Neuroimaging studies have provided several potential biomarkers for research on neurodegenerative diseases. Measurement of the ALFF of the BOLD signal can effectively reflect local spontaneous neuronal activity (Zuo and Xing, 2014; Cao et al., 2022) with high repeatability and reliability, facilitating its application as an indicator of functional differences in a single region (Zuo et al., 2019). Wang et al. (2020) used ALFF measurement of resting-state fMRI data to investigate the alterations in ALFF in patients with PD. They found that the ALFF was reduced in the left cerebellum, right anterior cuneiform lobe, and left posterior central/supramarginal gyrus (PostC) in patients with PD, and a greater decrease in the ALFF was observed in the left pallidum and anterior central gyrus/PostC, and the left caudate nucleus/putamen showed a positive correlation with the disease course, similar to some results of the current study. Zhang et al. (2022) found that chronic hypoxia can lead to extensive cognitive impairment, in addition to a significant reduction in the ROI density of the left olfactory cortex, right medial superior orbitofrontal gyrus, bilateral insular lobes, left globus pallidus and temporal lobe. These findings also support the idea that changes in orbitofrontal gyrus brain function may be a promising imaging marker in Parkinson’s disease, consistent with our idea.
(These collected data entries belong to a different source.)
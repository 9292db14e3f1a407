-- ===== src/Prelude/Sort.antt =====
-- `slices.SortFunc`, as an insertion sort by a strict test, with the laws that any sort has.
-- The library's sort may leave equal elements in any order; this one keeps their order.
use Prim.Native.Nat.{suc}
use mathlib.Core.Path.{◌≡◌, refl}
use mathlib.Core.Logic.{inl, inr}
use mathlib.Core.Bool.{Bool, true, false}
use mathlib.Core.List.{List, [], ◌∷◌}
use native.Mathlib.Omega.{arith}
use capillaries.Prelude.Tests.{if◌then◌else◌, Bool-cases, if_ind}
use capillaries.Prelude.Lists.{All, All-map, length, count_if}

-- A test that orders its arguments up to ties.
pub record IsStrictWeak {ℓ} {A : Type ℓ} (less : A → A → Bool) : Type ℓ where
  pub asymm : (a b : A) → less a b ≡ true → less b a ≡ false
  pub ge_trans : (a b c : A) → less b a ≡ false → less c b ≡ false → less c a ≡ false

module _ {ℓ} {A : Type ℓ} (less : A → A → Bool) where
  -- No element is before one that stands to its left.
  abbrev pub IsSorted : List A → Type 0
  IsSorted [] = Unit
  IsSorted (x ∷ xs) = All (λ y. less y x ≡ false) xs × IsSorted xs

  sorted_insert : A → List A → List A
  sorted_insert x [] = x ∷ []
  sorted_insert x (y ∷ ys) =
      let rest = sorted_insert x ys in if less y x then y ∷ rest else x ∷ y ∷ ys

  unfoldable pub sort_func : List A → List A
  unfolding sorted_insert
  sort_func [] = []
  sort_func (x ∷ xs) = sorted_insert x (sort_func xs)

  count_if-sorted_insert :
      (p : A → Bool) (x : A) (ys : List A) → count_if p (sorted_insert x ys) ≡ count_if p (x ∷ ys)
  unfolding sorted_insert
  count_if-sorted_insert p x [] = refl
  count_if-sorted_insert p x (y ∷ ys) = ground (arith, count_if-sorted_insert p x ys)

  -- Sorting keeps how many elements pass any test, so it neither loses nor invents one.
  pub count_if-sort_func : (p : A → Bool) (l : List A) → count_if p (sort_func l) ≡ count_if p l
  unfolding sort_func
  count_if-sort_func p [] = refl
  count_if-sort_func p (x ∷ xs) =
      ground (arith, count_if-sorted_insert p x (sort_func xs), count_if-sort_func p xs)

  length-sorted_insert : (x : A) (ys : List A) → length (sorted_insert x ys) ≡ suc (length ys)
  unfolding sorted_insert
  length-sorted_insert x [] = refl
  length-sorted_insert x (y ∷ ys) = ground (arith, length-sorted_insert x ys)

  pub length-sort_func : (l : List A) → length (sort_func l) ≡ length l
  unfolding sort_func
  length-sort_func [] = refl
  length-sort_func (x ∷ xs) =
      omega (arith, length-sorted_insert x (sort_func xs), length-sort_func xs)

  All-sorted_insert {κ} :
      (P : A → Type κ) (x : A) (ys : List A) → P x → All P ys → All P (sorted_insert x ys)
  unfolding sorted_insert
  All-sorted_insert P x [] hx h = (hx, tt)
  All-sorted_insert P x (y ∷ ys) hx h = elim (Bool-cases (less y x)) [
    | inl e ↦ rw e (h.0, All-sorted_insert P x ys hx h.1)
    | inr e ↦ rw e (hx, h)
  ]

  pub All-sort_func {κ} : (P : A → Type κ) (l : List A) → All P l → All P (sort_func l)
  unfolding sort_func
  All-sort_func P [] h = tt
  All-sort_func P (x ∷ xs) h = All-sorted_insert P x (sort_func xs) h.0 (All-sort_func P xs h.1)

  All-of_sorted_insert {κ} :
      (P : A → Type κ) (x : A) (ys : List A) → All P (sorted_insert x ys) → P x × All P ys
  unfolding sorted_insert
  All-of_sorted_insert P x [] h = h
  All-of_sorted_insert P x (y ∷ ys) h =
      if_ind (λ l. All P l → P x × (P y × All P ys)) (less y x) (y ∷ sorted_insert x ys)
        (x ∷ y ∷ ys) (λ _ k. let rest = All-of_sorted_insert P x ys k.1 in (rest.0, (k.0, rest.1)))
        (λ _ k. k) h

  pub All-of_sort_func {κ} : (P : A → Type κ) (l : List A) → All P (sort_func l) → All P l
  unfolding sort_func
  All-of_sort_func P [] h = tt
  All-of_sort_func P (x ∷ xs) h =
      let both = All-of_sorted_insert P x (sort_func xs) h in (both.0, All-of_sort_func P xs both.1)

  module _ (w : IsStrictWeak less) where
    sorted_insert-IsSorted : (x : A) (ys : List A) → IsSorted ys → IsSorted (sorted_insert x ys)
    unfolding sorted_insert
    sorted_insert-IsSorted x [] s = (tt, tt)
    sorted_insert-IsSorted x (y ∷ ys) s = elim (Bool-cases (less y x)) [
      | inl e ↦ rw e (
        All-sorted_insert (λ z. less z y ≡ false) x ys (w.asymm y x e) s.0,
        sorted_insert-IsSorted x ys s.1,
      )
      | inr e ↦ rw e (
        (
          e,
          All-map (λ z. less z y ≡ false) (λ z. less z x ≡ false) (λ z h. w.ge_trans x y z e h) ys
              s.0,
        ),
        s,
      )
    ]

    pub sort_func-IsSorted : (l : List A) → IsSorted (sort_func l)
    unfolding sort_func
    sort_func-IsSorted [] = tt
    sort_func-IsSorted (x ∷ xs) = sorted_insert-IsSorted x (sort_func xs) (sort_func-IsSorted xs)
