-- ===== src/Outbound/Delivery.antt =====
-- packages/core/src/outbound-emitter.ts: the delivery of durable events, their recovery and their retry.
use omp_bundler.Prelude.{
  ℕ, ◌+◌, List, [], ◌∷◌, ◌++◌, Bool, true, false, ◌&&◌, ◌||◌, Option, none, some, Text, same,
  is_empty, length, keep, ltb, leb, ◌==◌, if◌then◌else◌, codes,
}
use omp_bundler.Prelude.Rows.{select, update, delete}
use omp_bundler.StorageKey.{decimal}
use omp_bundler.Contracts.{OutboundEvent}
use omp_bundler.Outbound.{
  OutboxStatus, pending, delivered, permanent_failure, OutboxRow, Config, Batch, live, resumed,
  retried, Job, delivers, best_effort, rejects, Emitter, Outcome, conflict, no_failure,
  not_prepared, done, throw, enqueue, has_id, is_own, deliver_durable,
}

-- How one POST ended: with a status, or with the message of an error.
pub data Response : Type 0 where
  responded : ℕ → Response
  broke : Text → Response

abbrev pub is_pending : OutboxStatus → Bool
is_pending pending = true
is_pending s = false

abbrev pub is_permanent_failure : OutboxStatus → Bool
is_permanent_failure permanent_failure = true
is_permanent_failure s = false

abbrev pub with_delivered : ℕ → Text → OutboxRow → OutboxRow
with_delivered n ts r = record r {
  status = delivered;
  attempts = n;
  last_error = none;
  updated_at = ts;
}

abbrev pub with_attempt : ℕ → Text → Text → OutboxRow → OutboxRow
with_attempt n error ts r = record r { attempts = n; last_error = some error; updated_at = ts }

abbrev pub with_permanent_failure : Text → Text → OutboxRow → OutboxRow
with_permanent_failure error ts r = record r {
  status = permanent_failure;
  last_error = some error;
  updated_at = ts;
}

abbrev pub with_retry : Text → OutboxRow → OutboxRow
with_retry ts r = record r { status = pending; attempts = 0; last_error = none; updated_at = ts }

abbrev pub mark : Text → (OutboxRow → OutboxRow) → Emitter → Emitter
mark id f s = record s { rows = update (has_id id) f s.rows }

abbrev pub is_current : Option ℕ → ℕ → Bool
is_current none n = false
is_current (some m) n = m == n

-- An operation is over, and so is what waits for it; `failed` if it was rejected.
unfoldable pub settle_batch : Text → Bool → Batch → Emitter → Emitter
settle_batch id failed live s = s
settle_batch id failed (resumed n last) s =
    if (last || failed) && is_current s.resuming n then record s { resuming = none } else s
settle_batch id failed retried s = record s { retrying = delete (λ j. same j id) s.retrying }

-- The candidates of a SELECT with ORDER BY sequence.
abbrev pub place : OutboxRow → List OutboxRow → List OutboxRow
place r [] = r ∷ []
place r (q ∷ rows) =
    let rest = place r rows in if leb r.sequence q.sequence then r ∷ q ∷ rows else q ∷ rest

unfoldable pub order_by_sequence : List OutboxRow → List OutboxRow
order_by_sequence [] = []
order_by_sequence (r ∷ rows) = place r (order_by_sequence rows)

unfoldable pub jobs_of : ℕ → List OutboxRow → List Job
jobs_of n [] = []
jobs_of n (r ∷ rows) = delivers r.payload r.attempts (resumed n (is_empty rows)) ∷ jobs_of n rows

module _ (c : Config) where
  abbrev pub total_posts : ℕ
  total_posts = 1 + length c.retry_delays_ms

  abbrev pub is_own_pending : OutboxRow → Bool
  is_own_pending r = is_own c r && is_pending r.status

  unfoldable pub resume_pending : Emitter → Emitter
  resume_pending s =
      let rows = order_by_sequence (keep is_own_pending s.rows) in
      elim s.resuming [
        | some n ↦ s
        | none ↦ record s {
          chain = s.chain ++ jobs_of s.resumes rows;
          resuming = if is_empty rows then none else some s.resumes;
          resumes = s.resumes + 1;
        }
      ]

  abbrev pub is_own_failure : Text → OutboxRow → Bool
  is_own_failure id r = has_id id r && (is_own c r && is_permanent_failure r.status)

  abbrev pub failed_at : Text → OutboxRow → Bool
  failed_at id r = has_id id r && is_permanent_failure r.status

  unfoldable pub retry_permanent_failure_once : Text → Text → Emitter → Outcome
  retry_permanent_failure_once ts id s = elim (select (is_own_failure id) s.rows) [
    | none ↦ throw (no_failure id) s
    | some r ↦
        if c.on_durable_prepared r.payload
        then done (
            enqueue (delivers r.payload 0 retried) (record s {
              rows = update (failed_at id) (with_retry ts) s.rows;
              retrying = id ∷ s.retrying;
            }))
        else throw not_prepared s
  ]

  -- A retry that is under way is joined.
  unfoldable pub retry_permanent_failure : Text → Text → Emitter → Outcome
  retry_permanent_failure ts id s = elim (select (λ j. same j id) s.retrying) [
    | some j ↦ done s
    | none ↦ retry_permanent_failure_once ts id s
  ]

  abbrev pub redeliver_row : Text → OutboundEvent → Emitter → OutboxStatus → Outcome
  redeliver_row ts e s pending = done (resume_pending s)
  redeliver_row ts e s permanent_failure = retry_permanent_failure ts e.event_id s
  redeliver_row ts e s delivered = done s

  -- `redeliverDurable`; the reconciliation of a delivered event only calls a hook.
  unfoldable pub redeliver_durable : Text → OutboundEvent → Emitter → Outcome
  redeliver_durable ts e s = elim (select (λ r. has_id e.event_id r && is_own c r) s.rows) [
    | none ↦ deliver_durable c e s
    | some r ↦
        if same (c.encode r.payload) (c.encode e)
        then redeliver_row ts e s r.status
        else throw (conflict e.event_id) s
  ]

  -- The message that a POST leaves, or none for an acknowledgement.
  abbrev pub error_of : Text → Response → Option Text
  error_of url (responded status) =
      if leb 200 status && ltb status 300
      then none
      else some (codes "adapter " ++ (url ++ (codes " responded " ++ decimal status)))
  error_of url (broke message) = some message

  -- The operation at the head of the chain ends in a permanent failure.
  unfoldable pub give_up : Text → OutboundEvent → Batch → Text → List Job → Emitter → Emitter
  give_up ts e b error rest s =
      let t = mark e.event_id (with_permanent_failure error ts) (record s { chain = rest }) in
      elim (c.on_durable_failed e) [
        | none ↦ settle_batch e.event_id false b t
        | some thrown ↦ settle_batch e.event_id true b t
      ]

  -- A POST failed; another one follows while the schedule has one.
  unfoldable pub try_again : Text → OutboundEvent → ℕ → Batch → Text → List Job → Emitter → Emitter
  try_again ts e attempt b error rest s =
      let t = mark e.event_id (with_attempt (attempt + 1) error ts) s in
      if leb total_posts (attempt + 1)
      then give_up ts e b error rest t
      else record t { chain = delivers e (attempt + 1) b ∷ rest }

  unfoldable pub acknowledge : Text → OutboundEvent → ℕ → Batch → List Job → Emitter → Emitter
  acknowledge ts e attempt b rest s =
      let t = mark e.event_id (with_delivered (attempt + 1) ts) s in
      elim (c.on_durable_delivered e) [
        | none ↦ settle_batch e.event_id false b (record t { chain = rest })
        | some message ↦ try_again ts e attempt b message rest t
      ]

  -- With the adapter's target, if there is one.
  unfoldable pub deliver_to :
      Option Text → Text → OutboundEvent → ℕ → Batch → Response → List Job → Emitter → Emitter
  unfolding decimal
  deliver_to none ts e attempt b r rest s =
      give_up ts e b (codes "no adapter target registered for \"" ++ (c.adapter_id ++ codes "\""))
        rest s
  deliver_to (some url) ts e attempt b r rest s =
      if leb total_posts attempt then give_up ts e b [] rest s else elim (error_of url r) [
        | none ↦ acknowledge ts e attempt b rest s
        | some error ↦ try_again ts e attempt b error rest s
      ]

  unfoldable pub deliver_payload :
      Text → OutboundEvent → ℕ → Batch → Response → List Job → Emitter → Emitter
  deliver_payload = deliver_to c.callback_url

  -- The operation at the head of the chain goes on up to the end of one POST.
  abbrev pub work : Text → Response → List Job → Emitter → Emitter
  work ts r [] s = s
  work ts r (delivers e attempt b ∷ rest) s = deliver_payload ts e attempt b r rest s
  work ts r (best_effort e ∷ rest) s = record s { chain = rest }
  work ts r (rejects ∷ rest) s = record s { chain = rest }

  unfoldable pub post : Text → Response → Emitter → Emitter
  post ts r s = work ts r s.chain s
A systematic review of neurodegenerative changes on MRI in patients with olfactory impairment, mild cognitive impairment (MCI) or dementia found that (Yi et al., 2022) 17 (71%) of 24 studies reported changes in hippocampal volume, and 14 reported the correlation between hippocampal volume and olfactory performance. Two of four prospective studies (50%) reported the potential value of baseline hippocampal volume as a marker of dementia transformation in MCI. Of the 24 studies that reported the findings of olfactory fMRI, 5 (21%) emphasized the role of olfactory fMRI in identifying individuals with early cognitive decline. Donoshita et al. (2021) used 7-T fMRI to assess olfactory function in the human brain, and found that olfactory stimulation mainly activated the piriform cortex and orbitofrontal cortex, except the amygdala. The subjective odor intensity was significantly related to the average fMRI signal of the piriform cortex. The value of the frontal orbital cortex as a neuroimaging marker in Parkinson’s disease was again discovered on a high-resolution magnetic resonance scanner.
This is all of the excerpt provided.